(Stored data entries)

□ □ □ □ □

-- ===== src/Jobs/Engine/Endings.antt =====
-- How a run ends, where the other tasks leave the job's row alone.
use mangarr_gateway.Prelude.{
  List, String, [], inr, length, refl, some, subst, sym, true, ℕ, ◌++◌, ◌+◌, ◌∷◌, ◌≡◌, ◌⊎◌,
}
use mangarr_gateway.Jobs.Model.{
  Job, JobStatus, resolving, downloading, archiving, completed, failed, is_live,
}
use mangarr_gateway.Jobs.Row.{forget_projection}
use mangarr_gateway.Jobs.Store.{Table, stamp}
use mangarr_gateway.Jobs.Store
use mangarr_gateway.Jobs.Store.Valid.{IsValid}
use mangarr_gateway.Jobs.Store.Owned.{Owned, update-Owned}
use mangarr_gateway.Jobs.Engine.{Page, ok, World, Run, ◌>>=◌}
use mangarr_gateway.Jobs.Engine.Rules.{Post}
use mangarr_gateway.Jobs.Engine.Progress.{Whole, total_size}
use mangarr_gateway.Jobs.Engine.Drive.{write_through, transition, handle, fail}

-- Other tasks keep the row of the job.
abbrev pub Peaceful : String → String → World → Type 0
Peaceful i h w = (n : ℕ) (t : Table) → Owned i h t → Owned i h (w.others n t)

-- What holds of a run that has not ended.
pub record Midway (s0 s : Run) : Type 0 where
  pub id : s.job.job_id ≡ s0.job.job_id
  pub handle : s.job.release_handle ≡ s0.job.release_handle
  pub owned : Owned s0.job.job_id s0.job.release_handle s.table
  pub path : s.job.output_path ≡ s0.job.output_path
  pub time : s.job.completed_at ≡ s0.job.completed_at
  pub published : s.published ≡ s0.published

-- The durable row is the job's.
abbrev pub Saved : Run → Type 0
Saved s = IsValid s.table × (Store.get s.table s.job.job_id ≡ some (forget_projection s.job))

-- A completed run has published a whole manifest, as many pages as its job counts, to the byte, and
-- each is an image.
pub record Completed (w : World) (s0 s : Run) : Type 0 where
  pub status : s.job.status ≡ completed
  pub events : s.events ≡ s0.events ++ resolving ∷ downloading ∷ archiving ∷ completed ∷ []
  pub pages : List Page
  pub published : s.published ≡ some pages
  pub whole : Whole w pages
  pub downloaded : s.job.downloaded_pages ≡ some (length pages)
  pub bytes : (s.job.total_bytes ≡ total_size pages) × (s.job.remaining_bytes ≡ 0)
  pub path : (p : String) × (s.job.output_path ≡ some p)
  pub saved : Saved s

-- A failed run has published nothing and says why.
pub record Failed (s0 s : Run) : Type 0 where
  pub status : s.job.status ≡ failed
  pub message : (m : String) × (s.job.message ≡ some m)
  pub published : s.published ≡ s0.published
  pub path : s.job.output_path ≡ s0.job.output_path
  pub time : s.job.completed_at ≡ s0.job.completed_at
  pub saved : Saved s

abbrev pub Ended : World → Run → Run → Type 0
Ended w s0 s = Completed w s0 s ⊎ Failed s0 s

module _ (w : World) (s0 : Run) (peaceful : Peaceful s0.job.job_id s0.job.release_handle w) where
  -- What a write-through leaves, with a status of the job that is set already.
  pub write_through_lem :
      (s : Run)
      → s.job.job_id ≡ s0.job.job_id
      → s.job.release_handle ≡ s0.job.release_handle
      → Owned s0.job.job_id s0.job.release_handle s.table
      → (t' : Table) × (j : Job) × (j ≡ stamp (w.now s.readings) s.job)
        × (write_through w s ≡ (
          ok tt,
          record s {
            job = j;
            table = t';
            updates = s.updates + 1;
            readings = s.readings + 1;
            events = s.events ++ s.job.status ∷ [];
          },
        ))
        × IsValid t'
        × (Store.get t' j.job_id ≡ some (forget_projection j))
        × (is_live s.job.status ≡ true → Owned s0.job.job_id s0.job.release_handle t')
  unfolding write_through stamp
  write_through_lem s id handle owned =
      let j = stamp (w.now s.readings) s.job in
      let o : Owned j.job_id j.release_handle (w.others s.updates s.table) =
        subst (λ i. Owned i s.job.release_handle (w.others s.updates s.table)) (sym id)
          (subst (λ h. Owned s0.job.job_id h (w.others s.updates s.table)) (sym handle)
            (peaceful s.updates s.table owned)) in
      let (t', e, v, g, l) = update-Owned (w.others s.updates s.table) j o in
      (
        t',
        j,
        refl,
        rw (write_through, e),
        v,
        g,
        λ live.
            subst (λ i. Owned i s0.job.release_handle t') id
              (subst (λ h. Owned s.job.job_id h t') handle (l live)),
      )

  -- A transition to a live status.
  pub transition_lem :
      (status : JobStatus) (s : Run)
      → is_live status ≡ true
      → Midway s0 s
      → (t : Run) × (transition w status s ≡ (ok tt, t))
        × Midway s0 t
        × (t.events ≡ s.events ++ status ∷ [])
        × (t.job.downloaded_pages ≡ s.job.downloaded_pages)
        × (t.job.downloaded_bytes ≡ s.job.downloaded_bytes)
  unfolding transition stamp ◌>>=◌
  transition_lem status s live m =
      let s1 = record s { job = record s.job { status = status } } in
      let (t', j, ej, e, v, g, l) = write_through_lem s1 m.id m.handle m.owned in
      (
        record s1 {
          job = j;
          table = t';
          updates = s.updates + 1;
          readings = s.readings + 1;
          events = s.events ++ status ∷ [];
        },
        e,
        rw ej (record {
          id = m.id;
          handle = m.handle;
          owned = l live;
          path = m.path;
          time = m.time;
          published = m.published;
        }),
        refl,
        rw ej,
        rw ej,
      )

  -- A failure midway ends the run failed.
  pub fail_lem :
      (message : String) (s : Run)
      → Midway s0 s
      → (t : Run) × (fail w message s ≡ (ok tt, t)) × Failed s0 t
  unfolding fail stamp ◌>>=◌
  fail_lem message s m =
      let s1 = record s { job = record s.job { status = failed; message = some message } } in
      let (t', j, ej, e, v, g, l) = write_through_lem s1 m.id m.handle m.owned in
      (
        record s1 {
          job = j;
          table = t';
          updates = s.updates + 1;
          readings = s.readings + 1;
          events = s.events ++ failed ∷ [];
        },
        e,
        record {
          status = rw ej;
          message = (message, rw ej);
          published = m.published;
          path = rw ej m.path;
          time = rw ej m.time;
          saved = (v, g);
        },
      )

  pub fail-Ended :
      (message : String) (s : Run)
      → Midway s0 s
      → Post (λ _ t. Ended w s0 t) (λ _ t. Midway s0 t) (fail w message s)
  fail-Ended message s m = let (t, e, f) = fail_lem message s m in rw e (inr f)

  -- The counters of a finished download.
  abbrev pub Fetched : List JobStatus → List Page → Run → Type 0
  Fetched events pages t =
      Midway s0 t
      × (t.events ≡ events)
      × (t.job.downloaded_pages ≡ some (length pages))
      × (t.job.downloaded_bytes ≡ total_size pages)
      × Whole w pages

□ □ □ □ □

EXERCISE INSTRUCTIONS: From the data above, reproduce word for word the lines running from the line with "unfolding transition stamp ◌>>=◌" to the line with "-- A failure midway ends the run failed.", ends included.

ANSWER SECTION:
  unfolding transition stamp ◌>>=◌
  transition_lem status s live m =
      let s1 = record s { job = record s.job { status = status } } in
      let (t', j, ej, e, v, g, l) = write_through_lem s1 m.id m.handle m.owned in
      (
        record s1 {
          job = j;
          table = t';
          updates = s.updates + 1;
          readings = s.readings + 1;
          events = s.events ++ status ∷ [];
        },
        e,
        rw ej (record {
          id = m.id;
          handle = m.handle;
          owned = l live;
          path = m.path;
          time = m.time;
          published = m.published;
        }),
        refl,
        rw ej,
        rw ej,
      )

  -- A failure midway ends the run failed.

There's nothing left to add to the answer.